• WHAT YOU NEED TO DO: Within the records below, reproduce without change the lines from the line that has "unfoldable pub receiver_turn" through the line that has "if is_failed c.sender || is_failed c.receiver then", and only those.

━━━━━━━━━━

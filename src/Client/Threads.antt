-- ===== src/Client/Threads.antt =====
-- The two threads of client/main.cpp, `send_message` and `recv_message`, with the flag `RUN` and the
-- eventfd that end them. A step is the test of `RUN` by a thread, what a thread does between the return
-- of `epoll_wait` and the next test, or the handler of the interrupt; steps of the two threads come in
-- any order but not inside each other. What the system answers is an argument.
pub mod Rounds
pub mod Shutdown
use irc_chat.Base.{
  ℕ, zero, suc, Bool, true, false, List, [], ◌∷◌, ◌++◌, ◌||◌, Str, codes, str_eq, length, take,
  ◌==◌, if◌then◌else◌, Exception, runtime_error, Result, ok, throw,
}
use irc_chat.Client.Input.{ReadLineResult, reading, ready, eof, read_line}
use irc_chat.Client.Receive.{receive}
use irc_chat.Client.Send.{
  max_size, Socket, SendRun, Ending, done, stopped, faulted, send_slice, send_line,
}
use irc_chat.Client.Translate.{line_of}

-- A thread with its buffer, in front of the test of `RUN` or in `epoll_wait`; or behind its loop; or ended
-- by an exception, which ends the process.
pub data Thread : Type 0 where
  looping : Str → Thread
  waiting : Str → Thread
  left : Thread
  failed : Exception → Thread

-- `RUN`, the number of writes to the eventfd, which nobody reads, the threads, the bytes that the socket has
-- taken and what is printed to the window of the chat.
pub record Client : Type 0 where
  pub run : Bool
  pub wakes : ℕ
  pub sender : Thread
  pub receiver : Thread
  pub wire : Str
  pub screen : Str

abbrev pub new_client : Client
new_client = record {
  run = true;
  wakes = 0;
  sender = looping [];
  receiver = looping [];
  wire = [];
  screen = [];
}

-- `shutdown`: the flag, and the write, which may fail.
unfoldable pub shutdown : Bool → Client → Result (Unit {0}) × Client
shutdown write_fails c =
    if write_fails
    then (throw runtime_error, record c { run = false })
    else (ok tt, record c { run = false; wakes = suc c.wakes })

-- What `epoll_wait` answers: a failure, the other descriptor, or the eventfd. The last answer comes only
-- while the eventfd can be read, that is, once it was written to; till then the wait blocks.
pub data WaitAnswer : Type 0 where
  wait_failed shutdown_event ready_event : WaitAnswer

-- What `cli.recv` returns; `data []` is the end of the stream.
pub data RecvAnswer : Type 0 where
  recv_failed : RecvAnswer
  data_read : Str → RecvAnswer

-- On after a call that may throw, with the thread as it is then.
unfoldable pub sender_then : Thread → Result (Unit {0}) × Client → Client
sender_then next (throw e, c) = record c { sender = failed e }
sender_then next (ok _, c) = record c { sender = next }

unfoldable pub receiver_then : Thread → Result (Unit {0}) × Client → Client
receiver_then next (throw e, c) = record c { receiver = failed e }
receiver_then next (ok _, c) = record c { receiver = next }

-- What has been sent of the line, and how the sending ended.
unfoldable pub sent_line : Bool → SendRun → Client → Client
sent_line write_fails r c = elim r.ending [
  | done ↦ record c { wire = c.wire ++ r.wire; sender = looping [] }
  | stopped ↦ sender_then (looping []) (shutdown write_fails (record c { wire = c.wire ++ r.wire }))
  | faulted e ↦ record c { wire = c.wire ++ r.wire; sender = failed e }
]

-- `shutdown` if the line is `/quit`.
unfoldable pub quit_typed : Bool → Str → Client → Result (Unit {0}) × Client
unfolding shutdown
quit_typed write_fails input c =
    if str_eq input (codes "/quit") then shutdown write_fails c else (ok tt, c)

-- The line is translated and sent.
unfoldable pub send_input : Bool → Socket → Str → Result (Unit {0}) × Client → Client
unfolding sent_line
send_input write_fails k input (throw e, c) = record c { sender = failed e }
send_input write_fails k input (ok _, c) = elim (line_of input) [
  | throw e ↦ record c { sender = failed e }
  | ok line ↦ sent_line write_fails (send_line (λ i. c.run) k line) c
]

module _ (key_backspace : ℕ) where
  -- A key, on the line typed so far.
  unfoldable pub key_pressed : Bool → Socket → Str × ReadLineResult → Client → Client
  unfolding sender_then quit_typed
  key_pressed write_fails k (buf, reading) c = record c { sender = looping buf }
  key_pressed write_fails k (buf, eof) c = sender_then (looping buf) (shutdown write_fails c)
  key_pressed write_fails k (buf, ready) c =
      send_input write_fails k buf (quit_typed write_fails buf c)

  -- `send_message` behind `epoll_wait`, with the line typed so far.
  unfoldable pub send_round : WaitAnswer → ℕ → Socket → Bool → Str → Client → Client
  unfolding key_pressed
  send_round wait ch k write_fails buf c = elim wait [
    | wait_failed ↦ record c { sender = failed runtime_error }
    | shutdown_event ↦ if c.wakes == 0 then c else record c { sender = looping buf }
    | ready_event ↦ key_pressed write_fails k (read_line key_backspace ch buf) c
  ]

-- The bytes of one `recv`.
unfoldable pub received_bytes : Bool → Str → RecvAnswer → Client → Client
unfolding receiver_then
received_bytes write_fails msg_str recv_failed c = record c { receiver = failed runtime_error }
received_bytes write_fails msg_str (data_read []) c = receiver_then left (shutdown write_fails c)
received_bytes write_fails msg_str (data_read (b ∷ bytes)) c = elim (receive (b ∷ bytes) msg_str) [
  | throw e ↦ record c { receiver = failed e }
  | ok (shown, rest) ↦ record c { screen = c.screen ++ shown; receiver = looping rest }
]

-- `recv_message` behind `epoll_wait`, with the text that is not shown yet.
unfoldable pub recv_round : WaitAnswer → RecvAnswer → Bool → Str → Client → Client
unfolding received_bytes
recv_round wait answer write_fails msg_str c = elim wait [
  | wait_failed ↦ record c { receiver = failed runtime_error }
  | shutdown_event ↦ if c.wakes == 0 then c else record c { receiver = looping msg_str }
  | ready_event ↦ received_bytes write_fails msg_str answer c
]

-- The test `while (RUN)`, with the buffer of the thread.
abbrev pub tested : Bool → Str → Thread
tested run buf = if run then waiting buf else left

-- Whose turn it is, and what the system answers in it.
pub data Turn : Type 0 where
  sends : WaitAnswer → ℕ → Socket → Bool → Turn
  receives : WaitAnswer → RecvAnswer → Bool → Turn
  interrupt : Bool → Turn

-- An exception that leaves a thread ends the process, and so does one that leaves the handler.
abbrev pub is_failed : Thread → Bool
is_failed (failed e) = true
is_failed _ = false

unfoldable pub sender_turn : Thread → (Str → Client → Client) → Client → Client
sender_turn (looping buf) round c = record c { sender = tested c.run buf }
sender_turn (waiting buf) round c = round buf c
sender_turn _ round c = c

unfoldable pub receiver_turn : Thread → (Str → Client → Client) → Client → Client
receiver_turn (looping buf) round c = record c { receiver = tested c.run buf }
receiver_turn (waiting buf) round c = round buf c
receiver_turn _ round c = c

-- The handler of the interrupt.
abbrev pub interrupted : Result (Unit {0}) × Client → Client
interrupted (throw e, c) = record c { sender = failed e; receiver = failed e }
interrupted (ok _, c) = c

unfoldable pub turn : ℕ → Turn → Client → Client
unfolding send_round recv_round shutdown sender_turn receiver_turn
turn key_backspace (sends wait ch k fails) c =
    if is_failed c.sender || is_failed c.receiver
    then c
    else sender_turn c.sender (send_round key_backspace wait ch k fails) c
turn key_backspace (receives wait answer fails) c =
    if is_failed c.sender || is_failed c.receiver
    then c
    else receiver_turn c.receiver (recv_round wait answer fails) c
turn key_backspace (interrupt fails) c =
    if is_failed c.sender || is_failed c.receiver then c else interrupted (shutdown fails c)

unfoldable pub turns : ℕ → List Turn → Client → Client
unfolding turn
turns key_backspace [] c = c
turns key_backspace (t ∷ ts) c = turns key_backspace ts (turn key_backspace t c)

━━━━━━━━━━

• REPLY:
unfoldable pub receiver_turn : Thread → (Str → Client → Client) → Client → Client
receiver_turn (looping buf) round c = record c { receiver = tested c.run buf }
receiver_turn (waiting buf) round c = round buf c
receiver_turn _ round c = c

-- The handler of the interrupt.
abbrev pub interrupted : Result (Unit {0}) × Client → Client
interrupted (throw e, c) = record c { sender = failed e; receiver = failed e }
interrupted (ok _, c) = c

unfoldable pub turn : ℕ → Turn → Client → Client
unfolding send_round recv_round shutdown sender_turn receiver_turn
turn key_backspace (sends wait ch k fails) c =
    if is_failed c.sender || is_failed c.receiver
    then c
    else sender_turn c.sender (send_round key_backspace wait ch k fails) c
turn key_backspace (receives wait answer fails) c =
    if is_failed c.sender || is_failed c.receiver
    then c
    else receiver_turn c.receiver (recv_round wait answer fails) c
turn key_backspace (interrupt fails) c =
    if is_failed c.sender || is_failed c.receiver then c else interrupted (shutdown fails c)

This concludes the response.